We can use Nvidia's stock price to estimate plausible market expectations for the size of the AI chip market, and we can use that to back-out expectations about AI software revenues and value creation.
Doing this helps to understand how much AI growth is expected by society, and how EA expectations compare. It's similar to an earlier post that uses interest rates in a similar way, except I'd argue using the prices of AI companies is more useful right now, since it's more targeted at the figures we most care about.
The exercise requires making some assumptions which I think are plausible (but not guaranteed to hold).
The full analysis is here, but here are some key points:
- Nvidia’s current market cap implies the future AI chip market reaches over ~$180bn/year (at current margins), then grows at average rates after that (so around $200bn by 2027). If margins or market share decline, revenues need to be even higher.
- For a data centre to actually use these chips in servers costs another ~80% for other hardware and electricity, then the AI software company that rents the chips will typically have at least another 40% in labour costs.
- This means with $200bn/year spent on AI chips, AI software revenues need reach $500bn/year for these groups to avoid losses, or $800bn/year to make normal profit margins. That would likely require consumers to be willing to pay up to several trillion for these services.
- The typical lifetime of a GPU implies that revenues would need to reach these levels before 2028. If you made a simple model with 35% annual growth in GPU spending, you can estimate year-by-year revenues, as shown in the chart below.
- This isn’t just about Nvidia – other estimates (e.g. the price of Microsoft) seem consistent with these figures.
- These revenues seem high in that they require a big scale up from today; but low if you think AI could start to automate a large fraction of jobs before 2030.
- If market expectations are correct, then by 2027 the amount of money generated by AI will make it easy to fund $10bn+ training runs.
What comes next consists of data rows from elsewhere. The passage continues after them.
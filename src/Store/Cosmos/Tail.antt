-- ===== src/Store/Cosmos/Tail.antt =====
-- `LoadTail` of the Cosmos DB store against `Load`, and the times to live of its documents.
use mathlib.Core.List.{reverse}
use protosource.Prelude.{
  ℕ, ◌+◌, ◌-◌, ◌/◌, ◌≤◌, ◌≡◌, sym, ap, ◌∙◌, inl, inr, String, true, none, List, [], ◌∷◌, ◌++◌, map,
  arith, take, take_last, take-append_split, take_all, length, leb, ltb, Bool-cases,
  reverse-take-reverse, is_positive64,
}
use protosource.Error.{Result, ok, err, ◌>>=◌, wrap_err}
use protosource.Compress.{Bytes}
use protosource.Repository.Types.{Record, History}
use protosource.Repository.Stored.{>>=-eq-ok}
use protosource.Convert.{
  convert_all, convert_all-append, convert_all-take, convert_all-reverse, length-convert_all,
}
use protosource.Store.Cosmos.{
  Container, Json, CosmosStore, second, ascending, descending, expiry_of, relative_ttl, doc_of,
  doc_to_record, load, collect_pages, page_hint, load_tail,
}

abbrev pub join_pages {ℓ} : {A : Type ℓ} → List (List A) → List A
join_pages [] = []
join_pages (page ∷ pages) = page ++ join_pages pages

unwrapped {ℓ} :
    {A : Type ℓ} (msg : String) (m : Result A) (a : A) → wrap_err msg m ≡ ok a → m ≡ ok a
unwrapped msg (ok x) a h = h
unwrapped msg (err e) a h = cc

module _ (json : Json) (clock : ℕ → ℕ) {S : Type 0} (events : Container S) where
  abbrev convert : Bytes → Result Record
  convert = doc_to_record json clock events

  -- A document is purged neither at once nor before the point in time that its `t` gives.
  pub relative_ttl-doc_of :
      (cfg : CosmosStore S) (id : String) (now : ℕ) (r : Record)
      → is_positive64 (doc_of json clock events cfg id now r).t ≡ true
      → (1 ≤ (doc_of json clock events cfg id now r).ttl)
        × ((doc_of json clock events cfg id now r).t
            ≤ now / second + (doc_of json clock events cfg id now r).ttl)
  unfolding doc_of relative_ttl
  relative_ttl-doc_of cfg id now r h =
      let t = expiry_of json clock events cfg now r in
      elim (Bool-cases (ltb (t - now / second) 1)) [
        | inl past ↦ rw (h, past) (omega arith, ground arith)
        | inr ahead ↦ rw (h, ahead) (ground arith, ground arith)
      ]

  -- The loop collects the first n documents of pages that all arrive.
  collect_pages-join :
      (n : ℕ) (pages : List (List Bytes)) (rows : History)
      → convert_all convert (take n (join_pages pages)) ≡ ok rows
      → collect_pages json clock events n (map ok pages) ≡ ok rows
  unfolding collect_pages convert_all
  collect_pages-join n [] rows h =
      let empty : take {A = Bytes} n [] ≡ [] = take_all n [] (omega arith) in
      sym (ap (convert_all convert) empty) ∙ h
  collect_pages-join n (page ∷ pages) rows h = elim (Bool-cases (leb n 0)) [
    | inl no_more ↦
        let nothing : n ≡ 0 = ground arith in rw (no_more, collect_pages) (rw nothing at h)
    | inr more ↦
        let size = length (take n page) in
        let split : (convert_all convert (take n page) >>= λ xs.
        convert_all convert (take (n - size) (join_pages pages)) >>= λ ys. ok (xs ++ ys))
            ≡ ok rows =
          sym (convert_all-append convert (take n page) (take (n - size) (join_pages pages)))
          ∙ ap (convert_all convert) (sym (take-append_split n page (join_pages pages)))
          ∙ h in
        let (xs, first, h1) = >>=-eq-ok (convert_all convert (take n page)) _ split in
        let (ys, others, h2) =
          >>=-eq-ok (convert_all convert (take (n - size) (join_pages pages))) _ h1 in
        let same : length xs ≡ size = length-convert_all convert (take n page) xs first in
        rw (more, first, same, collect_pages-join (n - size) pages ys others, collect_pages) h2
  ]

  -- Where all pages of the descending query arrive, and together hold the documents of the ascending
  -- one in the opposite order, `LoadTail` of a positive int64 n returns the last n records that `Load`
  -- returns.
  pub load_tail-join_pages :
      (id : String) (n : ℕ) (s : S) (raws : List Bytes) (pages : List (List Bytes)) (h : History)
      → is_positive64 n ≡ true
      → events.query_items ascending id s ≡ ok raws
      → events.query_pager descending id (page_hint json clock events n) s ≡ map ok pages
      → join_pages pages ≡ reverse raws
      → load json clock events none id s ≡ ok h
      → load_tail json clock events none id n s ≡ ok (take_last n h)
  unfolding load load_tail
  load_tail-join_pages id n s raws pages h positive answer arrived turned loaded =
      let rows : convert_all convert raws ≡ ok h =
        unwrapped _ (convert_all convert raws) h (rw (answer, load) at loaded) in
      let tail : convert_all convert (take n (join_pages pages)) ≡ ok (take n (reverse h)) =
        ap (λ l. convert_all convert (take n l)) turned
        ∙ convert_all-take convert n _ _ (convert_all-reverse convert raws h rows) in
      rw (positive, arrived, collect_pages-join n pages _ tail, load_tail)
        (ap ok (reverse-take-reverse n h))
Stock prices represent risk and information asymmetry, not just the P/E ratio.
The big 5 tech companies (google, amazon, microsoft, facebook, apple) primarily do data analysis and software (with apple as a partial exception). That puts each of the five (except apple to some extent, as their thread to hang on is iphone marketing) at the cutting edge of all the things that high-level data analysis is needed for, which is a very diverse game where each of the diverse elements add in a ton of risk (e.g. major hacks, data poisoning, military/geopolitical applications, lighting-quick historically unprecedented corporate espionage strategies, etc).
The big 5 are more like the wild west, everything that's happening is historically unprecedented and they could easily become the big 4, since a major event e.g. a big data leak could cause a staff exodus or a software exodus that allows the others to subsume most of their market share (imagine how LLMs affected Google's moat for search, except LLMs are just one example of historical unprecedence (that EA happens to focus way closer on, relative to other advancements, than wall street and DC), and most of the big 5 companies are vulnerable in ways as brutal and historically unprecedented as the emergence of LLMs).
Nvidia, on the other hand, is exclusively hardware and has a very strong moat (obviously semiconductor supply chains are a big deal here). This reduces risk premiums substantially, and I think it's reasonable likely that they would even be substantially lower risk per dollar than holding stock diversified between all 5 of the big 5 tech companies combined; I think the big 5 set a precedent that the companies making up the big leagues are each very high risk including in aggregate and Nvidia's unusual degree of stability, while also emerging on the bigleagues stage without diversifying or getting great access to secure data, might potentially shatter the high-risk bigtech company investment paradigm. I think this could cause people's p/e ratio for Nvidia to maybe be twice or even three times higher than it should, if they depend heavily on comparing Nvidia specifically to google, amazon, facebook, microsoft, and apple. This is also a qualitative risk that can also spiral into other effects e.g. a qualitatively different kind of bubble risk than what we've seen from the big 5 over the last ~15 years of the post-2008 paradigm where data analysis is important and respected.
tl;dr Nvidia's stable hardware base might make comparisons to the 5 similarly-sized tech companies unhelpful, as those companies probably have risk premiums that are much higher and more difficult to calculate for investors.
My bad- I should have looked into Nvidia more before commenting.
Your model looked like something that people were supposed to try to poke holes in, and I realized midway through my comment that it was actually a minor nitpick + some interesting dynamics rather than a significant flaw (e.g. even if true it only puts a small dent in the OOM focus).